Pull each line containing "their" out of the data and copy it.
Segment Start: Materials provided
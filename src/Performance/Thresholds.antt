-- ===== src/Performance/Thresholds.antt =====
-- `checkThresholds` of src/PerformanceMonitor.cpp.
use barren_engine.Common.{
  ℕ, ◌-◌, ◌*◌, ◌^◌, Bool, true, false, not, ◌&&◌, ◌||◌, Option, none, some, List, [], ◌∷◌, Bytes,
  ltb, ltb_int, characters, if◌then◌else◌, Doubles, find, bytes_key,
}
use barren_engine.Performance.Types.{PerformanceMonitor}
use barren_engine.Performance.Operations.{apply_optimizations}
use barren_engine.Performance.Events.{handle_threshold_exceeded}

module _ {D : Type 0} ⦃d : Doubles D⦄ where
  unfoldable pub check_cpu_thresholds : (ℕ → ℕ) → PerformanceMonitor D → PerformanceMonitor D × Bool
  check_cpu_thresholds times m =
      let usage = m.metrics.cpu_usage in
      if d.less m.thresholds.max_cpu_usage usage
      then (handle_threshold_exceeded (characters "CPU Usage") usage times m, true)
      else (m, false)

  unfoldable pub check_memory_thresholds :
      (ℕ → ℕ) → PerformanceMonitor D → PerformanceMonitor D × Bool
  check_memory_thresholds times m =
      let usage = m.metrics.memory_usage in
      if ltb m.thresholds.max_memory_usage usage
      then (handle_threshold_exceeded (characters "Memory Usage") (d.of_nat usage) times m, true)
      else (m, false)

  unfoldable pub check_network_thresholds :
      (ℕ → ℕ) → PerformanceMonitor D → PerformanceMonitor D × Bool
  check_network_thresholds times m =
      let loss = m.metrics.packet_loss in
      let latency = m.metrics.latency in
      if ltb m.thresholds.max_packet_loss loss
      then (handle_threshold_exceeded (characters "Packet Loss") (d.of_nat loss) times m, true)
      else if ltb m.thresholds.max_latency latency
      then (handle_threshold_exceeded (characters "Latency") (d.of_nat latency) times m, true)
      else (m, false)

  unfoldable pub check_timing_thresholds :
      (ℕ → ℕ) → PerformanceMonitor D → PerformanceMonitor D × Bool
  check_timing_thresholds times m =
      let frame = m.metrics.frame_time in
      let update = m.metrics.update_time in
      let render = m.metrics.render_time in
      let network = m.metrics.network_time in
      if ltb_int m.thresholds.max_frame_time frame
      then (handle_threshold_exceeded (characters "Frame Time") (d.of_int frame) times m, true)
      else if ltb_int m.thresholds.max_update_time update
      then (handle_threshold_exceeded (characters "Update Time") (d.of_int update) times m, true)
      else if ltb_int m.thresholds.max_render_time render
      then (handle_threshold_exceeded (characters "Render Time") (d.of_int render) times m, true)
      else if ltb_int m.thresholds.max_network_time network
      then (handle_threshold_exceeded (characters "Network Time") (d.of_int network) times m, true)
      else (m, false)

  -- The value of a custom metric that is above the threshold.
  unfoldable pub above : D → Option D → Option D
  above threshold none = none
  above threshold (some value) = if d.less threshold value then some value else none

  -- The loop of `checkCustomThresholds`.
  unfoldable pub check_customs :
      List (Bytes × D) → (ℕ → ℕ) → Bool → PerformanceMonitor D → PerformanceMonitor D × Bool
  unfolding above
  check_customs [] times exceeded m = (m, exceeded)
  check_customs ((metric, threshold) ∷ rest) times exceeded m =
      elim (above threshold (find metric m.metrics.custom_metrics)) [
        | none ↦ check_customs rest times exceeded m
        | some value ↦
            check_customs rest times true (handle_threshold_exceeded metric value times m)
      ]

  unfoldable pub check_custom_thresholds :
      (ℕ → ℕ) → PerformanceMonitor D → PerformanceMonitor D × Bool
  unfolding check_customs
  check_custom_thresholds times m = check_customs m.custom_thresholds times false m

  -- The five checks, each of which is made whatever the others give.
  unfoldable pub check_all : (ℕ → ℕ) → PerformanceMonitor D → PerformanceMonitor D × Bool
  unfolding check_cpu_thresholds check_memory_thresholds check_network_thresholds
      check_timing_thresholds check_custom_thresholds
  check_all times m =
      let cpu = check_cpu_thresholds times m in
      let memory = check_memory_thresholds times cpu.0 in
      let network = check_network_thresholds times memory.0 in
      let timing = check_timing_thresholds times network.0 in
      let custom = check_custom_thresholds times timing.0 in
      (custom.0, (((cpu.1 || memory.1) || network.1) || timing.1) || custom.1)

  unfoldable pub check_thresholds : ℕ → (ℕ → ℕ) → PerformanceMonitor D → PerformanceMonitor D
  unfolding check_all
  check_thresholds now times m =
      let checked = check_all times (record m { last_monitoring = now }) in
      if not m.running || not m.monitoring
      then m
      else if ltb (now - m.last_monitoring) (m.monitoring_interval * 10 ^ 6)
      then m
      else if checked.1 && checked.0.optimization_enabled
      then apply_optimizations checked.0
      else checked.0
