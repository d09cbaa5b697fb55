-- ===== src/Performance/Checks.antt =====
-- The checks of `checkThresholds` of src/PerformanceMonitor.cpp, and the lists of what each reports.
use barren_engine.Common.{
  ℕ, Bool, true, false, not, ◌||◌, ◌≡◌, refl, sym, ◌∙◌, arith, none, some, List, [], ◌∷◌, ◌++◌,
  Bytes, ltb, ltb_int, characters, is_empty, if◌then◌else◌, Option-cases, inl, inr, Doubles, find,
  bytes_key,
}
use barren_engine.Performance.Types.{PerformanceMonitor}
use barren_engine.Performance.Events.{handle_threshold_exceeded}
use barren_engine.Performance.Thresholds.{
  check_cpu_thresholds, check_memory_thresholds, check_network_thresholds, check_timing_thresholds,
  check_customs, check_custom_thresholds, above,
}

or_empty : (b : Bool) → b ≡ b || false
or_empty b = ground arith

or_true : (b : Bool) → b || true ≡ true
or_true b = ground arith

pub some_of :
    {A : Type 0} (xs ys : List A)
    → not (is_empty xs) || not (is_empty ys) ≡ not (is_empty (xs ++ ys))
some_of [] ys = refl
some_of (x ∷ xs) ys = refl

module _ {D : Type 0} ⦃d : Doubles D⦄ where
  -- The first of the measurements that is over its threshold.
  unfoldable pub first : List (Bool × Bytes × D) → List (Bytes × D)
  first [] = []
  first ((over, metric, value) ∷ rest) = if over then (metric, value) ∷ [] else first rest

  -- The custom metrics that have a value over their threshold.
  unfoldable pub customs : List (Bytes × D) → List (Bytes × D) → List (Bytes × D)
  customs metrics [] = []
  customs metrics ((metric, threshold) ∷ rest) = elim (above threshold (find metric metrics)) [
    | none ↦ customs metrics rest
    | some value ↦ (metric, value) ∷ customs metrics rest
  ]

  abbrev pub cpu : PerformanceMonitor D → List (Bool × Bytes × D)
  cpu m =
      let v = m.metrics in
      let t = m.thresholds in
      (d.less t.max_cpu_usage v.cpu_usage, characters "CPU Usage", v.cpu_usage) ∷ []

  abbrev pub memory : PerformanceMonitor D → List (Bool × Bytes × D)
  memory m =
      let v = m.metrics in
      let t = m.thresholds in
      (ltb t.max_memory_usage v.memory_usage, characters "Memory Usage", d.of_nat v.memory_usage)
      ∷ []

  abbrev pub network : PerformanceMonitor D → List (Bool × Bytes × D)
  network m =
      let v = m.metrics in
      let t = m.thresholds in
      (ltb t.max_packet_loss v.packet_loss, characters "Packet Loss", d.of_nat v.packet_loss)
      ∷ (ltb t.max_latency v.latency, characters "Latency", d.of_nat v.latency)
      ∷ []

  abbrev pub timing : PerformanceMonitor D → List (Bool × Bytes × D)
  timing m =
      let v = m.metrics in
      let t = m.thresholds in
      (ltb_int t.max_frame_time v.frame_time, characters "Frame Time", d.of_int v.frame_time)
      ∷ (ltb_int t.max_update_time v.update_time, characters "Update Time", d.of_int v.update_time)
      ∷ (ltb_int t.max_render_time v.render_time, characters "Render Time", d.of_int v.render_time)
      ∷ (
        ltb_int t.max_network_time v.network_time,
        characters "Network Time",
        d.of_int v.network_time,
      )
      ∷ []

  -- All that is reported: of the network and of the times no more than the first.
  unfoldable pub exceeded : PerformanceMonitor D → List (Bytes × D)
  exceeded m =
      (((first (cpu m) ++ first (memory m)) ++ first (network m)) ++ first (timing m))
      ++ customs m.metrics.custom_metrics m.custom_thresholds

  -- The reports, one after the other.
  unfoldable pub report_all :
      List (Bytes × D) → (ℕ → ℕ) → PerformanceMonitor D → PerformanceMonitor D
  report_all [] times m = m
  report_all ((metric, value) ∷ rest) times m =
      report_all rest times (handle_threshold_exceeded metric value times m)

  -- A check reports a list and says whether it is empty.
  abbrev pub Reports :
      List (Bytes × D) → (ℕ → ℕ) → PerformanceMonitor D → PerformanceMonitor D × Bool → Type 0
  Reports xs times m r = (r.0 ≡ report_all xs times m) × (r.1 ≡ not (is_empty xs))

  -- The tests of one check, in their order.
  unfoldable ladder :
      List (Bool × Bytes × D) → (ℕ → ℕ) → PerformanceMonitor D → PerformanceMonitor D × Bool
  ladder [] times m = (m, false)
  ladder ((over, metric, value) ∷ rest) times m =
      if over then (handle_threshold_exceeded metric value times m, true) else ladder rest times m

  ladder-Reports :
      (tests : List (Bool × Bytes × D)) (times : ℕ → ℕ) (m : PerformanceMonitor D)
      → Reports (first tests) times m (ladder tests times m)
  unfolding ladder first report_all
  ladder-Reports [] times m = (refl, refl)
  ladder-Reports ((true, metric, value) ∷ rest) times m = (refl, refl)
  ladder-Reports ((false, metric, value) ∷ rest) times m = ladder-Reports rest times m

  -- A check that every monitor passes as a list of its state says, and two such checks in sequence.
  abbrev pub Checks :
      (ℕ → ℕ)
      → (PerformanceMonitor D → PerformanceMonitor D × Bool)
      → (PerformanceMonitor D → List (Bytes × D))
      → Type 0
  Checks times check list = (m : PerformanceMonitor D) → Reports (list m) times m (check m)

  abbrev pub Stable : (ℕ → ℕ) → (PerformanceMonitor D → List (Bytes × D)) → Type 0
  Stable times list =
      (metric : Bytes) (value : D) (m : PerformanceMonitor D)
      → list (handle_threshold_exceeded metric value times m) ≡ list m

  pub cpu-Checks : (times : ℕ → ℕ) → Checks times (check_cpu_thresholds times) (λ m. first (cpu m))
  unfolding check_cpu_thresholds ladder
  cpu-Checks times m = ladder-Reports (cpu m) times m

  pub memory-Checks :
      (times : ℕ → ℕ) → Checks times (check_memory_thresholds times) (λ m. first (memory m))
  unfolding check_memory_thresholds ladder
  memory-Checks times m = ladder-Reports (memory m) times m

  pub network-Checks :
      (times : ℕ → ℕ) → Checks times (check_network_thresholds times) (λ m. first (network m))
  unfolding check_network_thresholds ladder
  network-Checks times m = ladder-Reports (network m) times m

  pub timing-Checks :
      (times : ℕ → ℕ) → Checks times (check_timing_thresholds times) (λ m. first (timing m))
  unfolding check_timing_thresholds ladder
  timing-Checks times m = ladder-Reports (timing m) times m

  check_customs-Reports :
      (entries : List (Bytes × D)) (times : ℕ → ℕ) (b : Bool) (m : PerformanceMonitor D)
      → ((check_customs entries times b m).0
          ≡ report_all (customs m.metrics.custom_metrics entries) times m)
        × ((check_customs entries times b m).1
            ≡ b || not (is_empty (customs m.metrics.custom_metrics entries)))
  unfolding check_customs customs report_all handle_threshold_exceeded
  check_customs-Reports [] times b m = (refl, or_empty b)
  check_customs-Reports ((metric, threshold) ∷ rest) times b m =
      elim (Option-cases (above threshold (find metric m.metrics.custom_metrics))) [
        | inl e ↦ rw (check_customs, customs, e) (check_customs-Reports rest times b m)
        | inr (value, e) ↦
            let h =
              check_customs-Reports rest times true
                (handle_threshold_exceeded metric value times m) in
            rw (check_customs, customs, e) (h.0, h.1 ∙ sym (or_true b))
      ]

  pub customs-Checks :
      (times : ℕ → ℕ)
      → Checks times
          (check_custom_thresholds times)
          (λ m. customs m.metrics.custom_metrics m.custom_thresholds)
  unfolding check_custom_thresholds
  customs-Checks times m = check_customs-Reports m.custom_thresholds times false m

  pub report_all-append :
      (xs ys : List (Bytes × D)) (times : ℕ → ℕ) (m : PerformanceMonitor D)
      → report_all (xs ++ ys) times m ≡ report_all ys times (report_all xs times m)
  unfolding report_all
  report_all-append [] ys times m = refl
  report_all-append ((metric, value) ∷ xs) ys times m =
      report_all-append xs ys times (handle_threshold_exceeded metric value times m)

  pub Stable-report_all :
      (list : PerformanceMonitor D → List (Bytes × D)) (times : ℕ → ℕ)
      → Stable times list
      → (xs : List (Bytes × D)) (m : PerformanceMonitor D) → list (report_all xs times m) ≡ list m
  unfolding report_all
  Stable-report_all list times stable [] m = refl
  Stable-report_all list times stable ((metric, value) ∷ xs) m =
      Stable-report_all list times stable xs (handle_threshold_exceeded metric value times m)
      ∙ stable metric value m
Segment End: Materials provided
Solution below:
  -- The custom metrics that have a value over their threshold.
  -- The tests of one check, in their order.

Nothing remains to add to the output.